Очередное утро начинается криками «Выходи на развод!» — на работу, значит. На вахте у коридора, ведущего на шахту (№2),

 

- 21 -

мне и еще нескольким нарядчик командует выйти из строя. Мне — на работу не в шахту. Видимо, нелегкие тюремные месяцы вперемежку с карцером стали причиной отнесения меня медицинской комиссией к категории «ЛФТ» — легкий физический труд (судьбой обладателей и обладательниц категорий «Средний ФТ» и «Тяжелый ФТ» стали шахта, каторжные работы под землей). Выручила и некогда полученная впрок специальность: передвойной будучи студенткой филфака университета окончила годичные курсы медицинских сестер — готовили к войне.

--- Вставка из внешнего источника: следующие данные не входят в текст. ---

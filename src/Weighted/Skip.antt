-- ===== src/Weighted/Skip.antt =====
-- The walk forward from a backend that cannot serve.
use mathlib.Core.Bool.{false≢true}
use native.Mathlib.Decide.{dec_le}
use plecto.Prelude.{
  ℕ, zero, suc, ◌+◌, ◌-◌, ◌%◌, ◌≤◌, ◌<◌, ◌≡◌, sym, ◌∙◌, ap, subst, true, false, List, [], ◌∷◌, some,
  arith, length, get_or, get_elem?, any, Bool-cases, Option-cases, inl, inr, ◌==◌, ==_iff,
}
use plecto.Upstream.{Heap}
use plecto.Upstream.Lb.{has_eligible}
use plecto.Upstream.Lb.Scan.{Among, get_elem?-Among}
use plecto.Weighted.{WeightedBackends, skip_forward, backend_eligible}
use plecto.Weighted.Apportioned.{count}

backend_eligible-some :
    (h : Heap) (clock : ℕ) (groups : List ℕ) (j : ℕ)
    → backend_eligible h clock groups j ≡ true
    → (g : ℕ) × (get_elem? groups j ≡ some g) × (has_eligible h (h.group_at g) clock ≡ true)
unfolding backend_eligible
backend_eligible-some h clock groups j e = elim (Option-cases (get_elem? groups j)) [
  | inl z ↦ absurd (ground arith)
  | inr (g, z) ↦ (g, z, ground arith)
]

pub skip_forward_sound :
    (h : Heap) (clock : ℕ) (w : WeightedBackends) (start off n g : ℕ)
    → skip_forward h clock w start off n ≡ some g
    → (has_eligible h (h.group_at g) clock ≡ true) × Among g w.groups
unfolding skip_forward
skip_forward_sound h clock w start off zero g e = cc
skip_forward_sound h clock w start off (suc n) g e =
    elim (Bool-cases (backend_eligible h clock w.groups backend)) [
      | inl t ↦
          let (k, f, s) = backend_eligible-some h clock w.groups backend t in
          ground (arith, f, s, get_elem?-Among w.groups backend g)
      | inr t ↦ skip_forward_sound h clock w start (suc off) n g (rw t at e)
    ]
  where
    backend : ℕ
    backend = get_or w.table ((start + off) % length w.table) 0

-- The group that serves: that of an entry `m` places on, whose backend is eligible, while those of the
-- places before it are not.
abbrev pub FirstFrom : Heap → ℕ → WeightedBackends → ℕ → ℕ → ℕ → ℕ → Type 0
FirstFrom h clock w start off g m =
    (get_elem? w.groups (get_or w.table ((start + m) % length w.table) 0) ≡ some g)
    × (has_eligible h (h.group_at g) clock ≡ true)
    × ((k : ℕ)
        → off ≤ k
        → k < m
        → backend_eligible h clock w.groups (get_or w.table ((start + k) % length w.table) 0)
          ≡ false)

pub skip_forward_first :
    (h : Heap) (clock : ℕ) (w : WeightedBackends) (start off n g : ℕ)
    → skip_forward h clock w start off n ≡ some g
    → (m : ℕ) × (off ≤ m) × (m < off + n) × FirstFrom h clock w start off g m
unfolding skip_forward
skip_forward_first h clock w start off zero g e = cc
skip_forward_first h clock w start off (suc n) g e =
    elim (Bool-cases (backend_eligible h clock w.groups (backend off))) [
      | inl t ↦
          let (k, f, s) = backend_eligible-some h clock w.groups (backend off) t in
          let same : k ≡ g = some_injective (sym f ∙ (rw t at e)) in
          (
            off,
            omega arith,
            omega arith,
            (rw (← same) f, rw (← same) s, λ j l u. absurd (omega (arith, l, u))),
          )
      | inr t ↦
          let (m, l, u, (here, able, before)) =
            skip_forward_first h clock w start (suc off) n g (rw t at e) in
          (
            m,
            omega (arith, l),
            omega (arith, u),
            (
              here,
              able,
              λ j low high. elim (Bool-cases (off == j)) [
                | inl s ↦
                    subst (λ x. backend_eligible h clock w.groups (backend x) ≡ false)
                      ((==_iff off j).0 s) t
                | inr s ↦ before j (ground (arith, s, low)) high
              ],
            ),
          )
    ]
  where
    backend : ℕ → ℕ
    backend k = get_or w.table ((start + k) % length w.table) 0

    some_injective : {a b : ℕ} → some a ≡ some b → a ≡ b
    some_injective f = cc

pub skip_forward_complete :
    (h : Heap) (clock : ℕ) (w : WeightedBackends) (start off n m : ℕ)
    → off ≤ m
    → m < off + n
    → backend_eligible h clock w.groups (get_or w.table ((start + m) % length w.table) 0) ≡ true
    → (g : ℕ) × (skip_forward h clock w start off n ≡ some g)
unfolding skip_forward
skip_forward_complete h clock w start off zero m l u e = absurd (omega arith)
skip_forward_complete h clock w start off (suc n) m l u e =
    elim (Bool-cases (backend_eligible h clock w.groups backend)) [
      | inl t ↦ let (g, f, _) = backend_eligible-some h clock w.groups backend t in rw t (g, f)
      | inr t ↦ rw t (
          skip_forward_complete h clock w start (suc off) n m
            (elim (Bool-cases (off == m)) [
              | inl s ↦ absurd (false≢true (sym t ∙ (rw (← (==_iff off m).0 s) at e)))
              | inr s ↦ ground arith
            ])
            (omega arith) e)
    ]
  where
    backend : ℕ
    backend = get_or w.table ((start + off) % length w.table) 0

-- A backend that a table counts stands somewhere in it.
pub count-position :
    (j : ℕ) (table : List ℕ)
    → 0 < count j table
    → (p : ℕ) × (p < length table) × (get_or table p 0 ≡ j)
count-position j [] h = absurd (omega arith)
count-position j (b ∷ bs) h = elim (Bool-cases (b == j)) [
  | inl e ↦ (0, omega arith, (==_iff b j).0 e)
  | inr e ↦ let (p, l, f) = count-position j bs (ground arith) in (suc p, omega arith, f)
]

mod_wrap : (p len : ℕ) → p < len → (p + len) % len ≡ p
mod_wrap p len h = grind arith

-- Every place of the table is some steps forward from the start.
pub reach_place :
    (start p len : ℕ) → start < len → p < len → (m : ℕ) × (m < len) × ((start + m) % len ≡ p)
reach_place start p len s l = elim (dec_le start p) [
  | yes h ↦ (p - start, omega arith, grind arith)
  | no h ↦ (
    p + len - start,
    omega arith,
    ap (λ n. n % len) (let e : start + (p + len - start) ≡ p + len = omega arith in e)
        ∙ mod_wrap p len l,
  )
]

pub eligible_index :
    (h : Heap) (clock : ℕ) (groups : List ℕ)
    → any (λ g. has_eligible h (h.group_at g) clock) groups ≡ true
    → (j : ℕ) × (j < length groups) × (backend_eligible h clock groups j ≡ true)
unfolding backend_eligible
eligible_index h clock [] e = absurd (false≢true e)
eligible_index h clock (g ∷ gs) e = elim (Bool-cases (has_eligible h (h.group_at g) clock)) [
  | inl t ↦ (0, omega arith, t)
  | inr t ↦ let (j, l, f) = eligible_index h clock gs (ground arith) in (suc j, omega arith, f)
]
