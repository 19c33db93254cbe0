-- ===== src/Weighted/Split.antt =====
-- Which backend a request goes to.
use plecto.Prelude.{
  ℕ, zero, suc, ◌/◌, ◌%◌, ◌≤◌, ◌<◌, ◌≡◌, ◌≢◌, ◌↔◌, refl, sym, ◌∙◌, ap, true, false, List, [], ◌∷◌,
  map, Option, none, some, arith, ◌==◌, length, length-map, get_or, filter, any, All, Bool-cases,
  Option-cases, inl, inr, max,
}
use plecto.Upstream.{Heap}
use plecto.Upstream.Breaker.{increment}
use plecto.Upstream.Lb.{has_eligible}
use plecto.Upstream.Lb.Scan.{Among}
use plecto.Weighted.{
  WeightedBackends, new, pick, skip_forward, weighted_schedule, reduced, sum, keep_groups,
  weights_of, is_positive, compile, SplitResult, ok, err, validate_split, reduce_gcd, bounded_table,
  max_table_len, divisor_or_one,
}
use plecto.Weighted.Schedule.{length-weighted_schedule, schedule_proportional}
use plecto.Weighted.Apportioned.{count}
use plecto.Weighted.Gcd.{reduced_pos, reduce_gcd-pos, positive_weights}
use plecto.Weighted.Skip.{
  skip_forward_sound, FirstFrom, skip_forward_first, skip_forward_complete, count-position,
  reach_place, eligible_index,
}

-- A compiled split: a table that is not empty, and every backend has an entry in it.
pub record IsValid (w : WeightedBackends) : Type 0 where
  pub not_empty : 0 < length w.table
  pub all_served : (j : ℕ) → j < length w.groups → 0 < count j w.table

-- What a split serves is an eligible backend of it.
pub split_sound :
    (h : Heap) (clock : ℕ) (w : WeightedBackends) (g : ℕ)
    → (pick h clock w).0 ≡ some g
    → (has_eligible h (h.group_at g) clock ≡ true) × Among g w.groups
unfolding pick
split_sound h clock w g e =
    ground (arith, skip_forward_sound h clock w (w.cursor % length w.table) 0 (length w.table) g)

pick_served :
    (h : Heap) (clock : ℕ) (w : WeightedBackends)
    → IsValid w
    → any (λ g. has_eligible h (h.group_at g) clock) w.groups ≡ true
    → (g : ℕ) × (skip_forward h clock w (w.cursor % length w.table) 0 (length w.table) ≡ some g)
pick_served h clock w v e =
    let (j, l, f) = eligible_index h clock w.groups e in
    let (p, b, k) = count-position j w.table (v.all_served j l) in
    let start_in : w.cursor % length w.table < length w.table = omega (arith, v.not_empty) in
    let (m, n, r) = reach_place (w.cursor % length w.table) p (length w.table) start_in b in
    skip_forward_complete h clock w (w.cursor % length w.table) 0 (length w.table) m (omega arith)
      (omega arith) (rw r (rw k f))

pick_not_none :
    (h : Heap) (clock : ℕ) (w : WeightedBackends)
    → IsValid w
    → any (λ g. has_eligible h (h.group_at g) clock) w.groups ≡ true
    → (pick h clock w).0 ≢ none
unfolding pick
pick_not_none h clock w v e f =
    let (g, s) = pick_served h clock w v e in ground (arith, s, v.not_empty)

-- What a pick of a split promises: a group exactly when some group of the split can serve, and then the
-- eligible one that comes first in the table from the cursor's place on, going round.
abbrev pub ServesFirst : Heap → ℕ → WeightedBackends → Option ℕ × WeightedBackends → Type 0
ServesFirst h clock w (none, w') =
    (w' ≡ w) × (any (λ g. has_eligible h (h.group_at g) clock) w.groups ≡ false)
ServesFirst h clock w (some g, w') =
    (w' ≡ record w { cursor = increment w.cursor })
    × ((m : ℕ) × (m < length w.table) × FirstFrom h clock w (w.cursor % length w.table) 0 g m)

split_none_iff :
    (h : Heap) (clock : ℕ) (w : WeightedBackends)
    → IsValid w
    → ((pick h clock w).0 ≡ none)
      ↔ (any (λ g. has_eligible h (h.group_at g) clock) w.groups ≡ false)
split_none_iff h clock w v = (down, up)
  where
    down :
        (pick h clock w).0 ≡ none → any (λ g. has_eligible h (h.group_at g) clock) w.groups ≡ false
    down e = elim (Bool-cases (any (λ g. has_eligible h (h.group_at g) clock) w.groups)) [
      | inr out ↦ out
      | inl up_ ↦ absurd (pick_not_none h clock w v up_ e)
    ]

    up : any (λ g. has_eligible h (h.group_at g) clock) w.groups ≡ false → (pick h clock w).0 ≡ none
    up e = unfold pick in rw e

-- A compiled split serves the first eligible group in its table from the cursor's place on, going round, so
-- that a backend that is out gives its entries to the next eligible ones, and the cursor moves on by one.
-- It serves none, and the cursor stays, exactly when no group of the split can serve.
pub pick-ServesFirst :
    (h : Heap) (clock : ℕ) (w : WeightedBackends)
    → IsValid w
    → ServesFirst h clock w (pick h clock w)
unfolding pick
pick-ServesFirst h clock w v =
    elim (Bool-cases (any (λ g. has_eligible h (h.group_at g) clock) w.groups)) [
      | inr out ↦ rw out (refl, out)
      | inl up ↦
          let (g, s) = pick_served h clock w v up in
          let (m, _, u, first) =
            skip_forward_first h clock w (w.cursor % length w.table) 0 (length w.table) g s in
          let some_table : (length w.table == 0) ≡ false = ground (arith, v.not_empty) in
          rw (up, some_table) (rw s (refl, (m, omega (arith, u), first)))
    ]

get_or-positive : (ns : List ℕ) (j : ℕ) → All (λ w. 0 < w) ns → j < length ns → 0 < get_or ns j 0
get_or-positive [] j a h = absurd (omega arith)
get_or-positive (n ∷ ns) zero a h = a.0
get_or-positive (n ∷ ns) (suc j) a h = get_or-positive ns j a.1 (omega arith)

length-keep_groups :
    (ts : List (ℕ × ℕ)) → length (keep_groups ts) ≡ length (filter is_positive (weights_of ts))
length-keep_groups [] = refl
length-keep_groups ((g, w) ∷ ts) = ground (arith, length-keep_groups ts)

length-reduced : (ws : List ℕ) → length (reduced ws) ≡ length (filter is_positive ws)
unfolding reduced
length-reduced ws = length-map _ (filter is_positive ws)

zero_div : (d : ℕ) → 0 < d → 0 / d ≡ 0
zero_div d p = omega arith

max_one : (d : ℕ) → 0 < d → max d 1 ≡ d
max_one d p = omega arith

sum_nonzero :
    (d : ℕ) (ws : List ℕ)
    → 0 < d
    → sum (map (λ w. w / d) ws) ≡ sum (map (λ w. w / d) (filter is_positive ws))
sum_nonzero d [] p = refl
sum_nonzero d (w ∷ ws) p = ground (arith, sum_nonzero d ws p, zero_div d p)

validate_split-parts :
    (ws : List ℕ) (total : ℕ)
    → validate_split ws ≡ ok total
    → (d : ℕ) × (reduce_gcd (filter is_positive ws) ≡ some d)
      × (bounded_table (sum (map (λ w. w / d) ws)) ≡ ok total)
unfolding validate_split
validate_split-parts [] total e = absurd (cc)
validate_split-parts (w ∷ ws) total e =
    elim (Option-cases (reduce_gcd (filter is_positive (w ∷ ws)))) [
      | inl z ↦ absurd (ground arith)
      | inr (d, z) ↦ (d, z, ground arith)
    ]

bounded_table-ok : (n total : ℕ) → bounded_table n ≡ ok total → (total ≡ n) × (n ≤ max_table_len)
unfolding bounded_table
bounded_table-ok n total e = ground arith

reduce_gcd-some : (ns : List ℕ) (d : ℕ) → reduce_gcd ns ≡ some d → 0 < length ns
unfolding reduce_gcd
reduce_gcd-some [] d e = absurd (cc)
reduce_gcd-some (n ∷ ns) d e = omega arith

sum-reduced :
    (ws : List ℕ) (d : ℕ)
    → divisor_or_one (reduce_gcd (filter is_positive ws)) ≡ d
    → sum (reduced ws) ≡ sum (map (λ w. w / d) (filter is_positive ws))
unfolding reduced
sum-reduced ws d e = ap (λ k. sum (map (λ w. w / k) (filter is_positive ws))) e

-- Where a split is accepted, what `validate_split` returns is the length of the schedule that `new`
-- builds of it; that length is at most `MAX_TABLE_LEN`, and some weight is not zero.
pub validate_split-ok :
    (ws : List ℕ) (total : ℕ)
    → validate_split ws ≡ ok total
    → (length (weighted_schedule (reduced ws)) ≡ total)
      × (total ≤ max_table_len)
      × (0 < length (filter is_positive ws))
validate_split-ok ws total e =
    let (d, f, g) = validate_split-parts ws total e in
    let (same, small) = bounded_table-ok (sum (map (λ w. w / d) ws)) total g in
    let d_pos = reduce_gcd-pos (filter is_positive ws) d (positive_weights ws) f in
    let one : divisor_or_one (reduce_gcd (filter is_positive ws)) ≡ d =
      ap divisor_or_one f ∙ max_one d d_pos in
    (
      length-weighted_schedule (reduced ws)
          ∙ sum-reduced ws d one
          ∙ sym (sum_nonzero d ws d_pos)
          ∙ sym same,
      omega arith,
      reduce_gcd-some (filter is_positive ws) d f,
    )

length-le-sum : (ns : List ℕ) → All (λ w. 0 < w) ns → length ns ≤ sum ns
length-le-sum [] a = omega arith
length-le-sum (n ∷ ns) a = omega (arith, a.0, length-le-sum ns a.1)

compile-IsValid :
    (targets : List (ℕ × ℕ)) (total : ℕ)
    → validate_split (weights_of targets) ≡ ok total
    → IsValid (compile targets)
unfolding compile
compile-IsValid targets total e =
    let (long, small, some_weight) = validate_split-ok (weights_of targets) total e in
    let few = length-le-sum (reduced (weights_of targets)) (reduced_pos (weights_of targets)) in
    let sized = length-weighted_schedule (reduced (weights_of targets)) in
    let kept = length-keep_groups targets in
    let same = length-reduced (weights_of targets) in
    record {
      not_empty = omega (arith, sized, few, same, some_weight);
      all_served = λ j l.
          rw
            (schedule_proportional (reduced (weights_of targets)) j
              (omega (arith, few, same, some_weight)) (omega (arith, few, sized, long, small))
              (omega (arith, same, kept, l)))
            (get_or-positive (reduced (weights_of targets)) j (reduced_pos (weights_of targets))
              (omega (arith, same, kept, l)));
    }

new-compile :
    (targets : List (ℕ × ℕ)) (w : WeightedBackends) (r : SplitResult ℕ)
    → validate_split (weights_of targets) ≡ r
    → new targets ≡ ok w
    → IsValid w
unfolding new
new-compile targets w (ok total) f e =
    let compiled : compile targets ≡ w = ground (arith, f) in
    rw (← compiled) (compile-IsValid targets total f)
new-compile targets w (err x) f e = absurd (ground (arith, f))

pub new-validated :
    (targets : List (ℕ × ℕ)) (n : ℕ)
    → validate_split (weights_of targets) ≡ ok n
    → new targets ≡ ok (compile targets)
unfolding new
new-validated targets n e = rw (e, new) refl

pub groups-compile : (targets : List (ℕ × ℕ)) → (compile targets).groups ≡ keep_groups targets
unfolding compile
groups-compile targets = refl

-- Whatever targets `new` accepts, it compiles them to a table that is not empty and in which every
-- backend of the split has an entry.
pub new-IsValid : (targets : List (ℕ × ℕ)) (w : WeightedBackends) → new targets ≡ ok w → IsValid w
new-IsValid targets w e = new-compile targets w (validate_split (weights_of targets)) refl e
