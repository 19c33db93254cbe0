-- ===== src/Control/Compiled.antt =====
-- Routes that validation let through compile, against a registry that has every upstream.
use plecto.Prelude.{
  ℕ, ◌≡◌, refl, sym, ◌∙◌, ap, subst, ◌↔◌, Bool, true, false, List, [], ◌∷◌, Option, none, some,
  Text, All, Bool-cases, Option-cases, inl, inr,
}
use plecto.Chain.{LoadedFilter}
use plecto.Errors.{ok}
use plecto.Control.{Route}
use plecto.Control.Routes.{
  Targets, is_upstream, is_loaded, target_weights, resolve_targets, compile_routes, compiled_route,
}
use plecto.Control.Checked.{Checked}
use plecto.Proxy.{RouteEntry}
use plecto.Upstream.Registry.{UpstreamSpec, UpstreamRegistry, group}
use plecto.Weighted
use plecto.Weighted.{
  SplitResult, WeightedBackends, weights_of, keep_groups, is_positive, validate_split, compile,
}
use plecto.Weighted.Split.{IsValid, new-IsValid, new-validated, groups-compile}

-- The registry has a group for every upstream of the manifest, and for no other name.
abbrev pub Registers : UpstreamRegistry → List UpstreamSpec → Type 0
Registers registry upstreams =
    (name : Text) → (group registry name ≡ none) ↔ (is_upstream upstreams name ≡ false)

-- The pointer is the group of an upstream of the manifest.
abbrev pub Registered : UpstreamRegistry → List UpstreamSpec → ℕ → Type 0
Registered registry upstreams g =
    (name : Text) × (is_upstream upstreams name ≡ true) × (group registry name ≡ some g)

-- What a route of an active configuration can rely on.
pub record IsPlaced (filters : Text → Option LoadedFilter) (registry : UpstreamRegistry)
    (upstreams : List UpstreamSpec) (r : RouteEntry) : Type 0 where
  pub loaded : All (λ id. is_loaded filters id ≡ true) r.filters
  pub registered : All (Registered registry upstreams) r.backends.groups
  pub split : IsValid r.backends

module _ (registry : UpstreamRegistry) (upstreams : List UpstreamSpec)
    (has : Registers registry upstreams) where
  find_group :
      (name : Text) → is_upstream upstreams name ≡ true → (g : ℕ) × (group registry name ≡ some g)
  find_group name h = elim (Option-cases (group registry name)) [
    | inl gone ↦ let out = (has name).0 gone in cc
    | inr (g, e) ↦ (g, e)
  ]

  -- The targets resolve, weight by weight, to registered groups.
  record Resolves (targets : Targets) (resolved : List (ℕ × ℕ)) : Type 0 where
    same_weights : weights_of resolved ≡ target_weights targets
    registered : All (Registered registry upstreams) (keep_groups resolved)

  keep-Registered :
      (g weight : ℕ) (resolved : List (ℕ × ℕ))
      → Registered registry upstreams g
      → All (Registered registry upstreams) (keep_groups resolved)
      → All (Registered registry upstreams) (keep_groups ((g, weight) ∷ resolved))
  keep-Registered g weight resolved r rs = elim (Bool-cases (is_positive weight)) [
    | inl e ↦ rw e (r, rs)
    | inr e ↦ rw e rs
  ]

  resolve_targets-ok :
      (prefix : Text) (targets : Targets)
      → All (λ t. is_upstream upstreams t.0 ≡ true) targets
      → (resolved : List (ℕ × ℕ)) × (resolve_targets registry prefix targets ≡ ok resolved)
        × Resolves targets resolved
  unfolding resolve_targets
  resolve_targets-ok prefix [] known = ([], refl, record { same_weights = refl; registered = tt })
  resolve_targets-ok prefix ((name, weight) ∷ rest) known =
      let (g, e) = find_group name known.0 in
      let (resolved, f, r) = resolve_targets-ok prefix rest known.1 in
      (
        (g, weight) ∷ resolved,
        rw (e, f) refl,
        record {
          same_weights = ap (λ ws. weight ∷ ws) r.same_weights;
          registered = keep-Registered g weight resolved (name, known.0, e) r.registered;
        },
      )

  new-ok :
      (targets : Targets) (resolved : List (ℕ × ℕ)) (n : ℕ)
      → Resolves targets resolved
      → validate_split (target_weights targets) ≡ SplitResult.ok n
      → Weighted.new resolved ≡ SplitResult.ok (compile resolved)
  new-ok targets resolved n r e = new-validated resolved n (ap validate_split r.same_weights ∙ e)

  pub compile_routes-ok :
      (reads_body : LoadedFilter → Bool) (hasher : Text → ℕ) (filters : Text → Option LoadedFilter)
      (validated : List (Route × Targets))
      → All (Checked filters upstreams) validated
      → (routes : List RouteEntry) × (compile_routes reads_body hasher registry filters validated
          ≡ ok routes)
        × All (IsPlaced filters registry upstreams) routes
  unfolding compile_routes
  compile_routes-ok reads_body hasher filters [] checked = ([], refl, tt)
  compile_routes-ok reads_body hasher filters ((r, targets) ∷ rest) checked =
      let prefix = r.matcher.path_prefix in
      let (resolved, e, rs) = resolve_targets-ok prefix targets checked.0.known in
      let f = new-ok targets resolved checked.0.total.0 rs checked.0.total.1 in
      let (routes, g, placed) = compile_routes-ok reads_body hasher filters rest checked.1 in
      (
        compiled_route reads_body hasher filters r (compile resolved) ∷ routes,
        rw (e, f, g) refl,
        (
          record {
            loaded = checked.0.loaded;
            registered =
                subst (All (Registered registry upstreams)) (sym (groups-compile resolved))
                  rs.registered;
            split = new-IsValid resolved (compile resolved) f;
          },
          placed,
        ),
      )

И вот теперь взяли меня на работу в стационар, в котором пытались возвращать к рабочей жизни шахтеров. До каких же крайних, даже более чем крайних пределов они истощены! Особенно мужчины (ОЛП был общий - женский и мужской и тогда еще единственный в Воркуте каторжанский). После тюрем, этапов, тяжелой, без выходных работы — с лопатой, лесинама для крепления, в мокрых забоях — при каторжанском пайке, отдыхе на нарах в непросохшей одежде, издевательствах надзирателей и лагерного начальства в стационар люди попадали часто подобранными полуживыми в бараках

— настолько «доходягами», что не только вернуть к работе, но и сохранить в этом мире удавалось не всех. Так далеко была перейдена грань допустимого истощения. И они, медленно угасая, тихие и безропотные уходят по ночам «за зону».

А для остающихся жизнь идет. Вот стало показываться солнышко — но дали еще покрыты белой пеленой. Месяц-другой, и уже показались кочки, на них — зеленая травка. И вдруг заполыхала красками, загорелась тундра, а над ней круглые сутки — солнце, по ночам прокатывающееся огненным колесом по над горизонтом. И лепестки оранжевых головок неожиданно распустившихся цветов затрепетали на ветру. Хочется побежать по этому простору, упасть на землю и дышать ее запахом — запахом весны и жизни... Но вокруг — проволока, номера, изможденные лица. Ладно, привыкну — ведь можно «передвигаться» из барака в барак, в столовую, в КВЧ - не то, что ночные допросы, выдавливания «признания», десять суток карцера.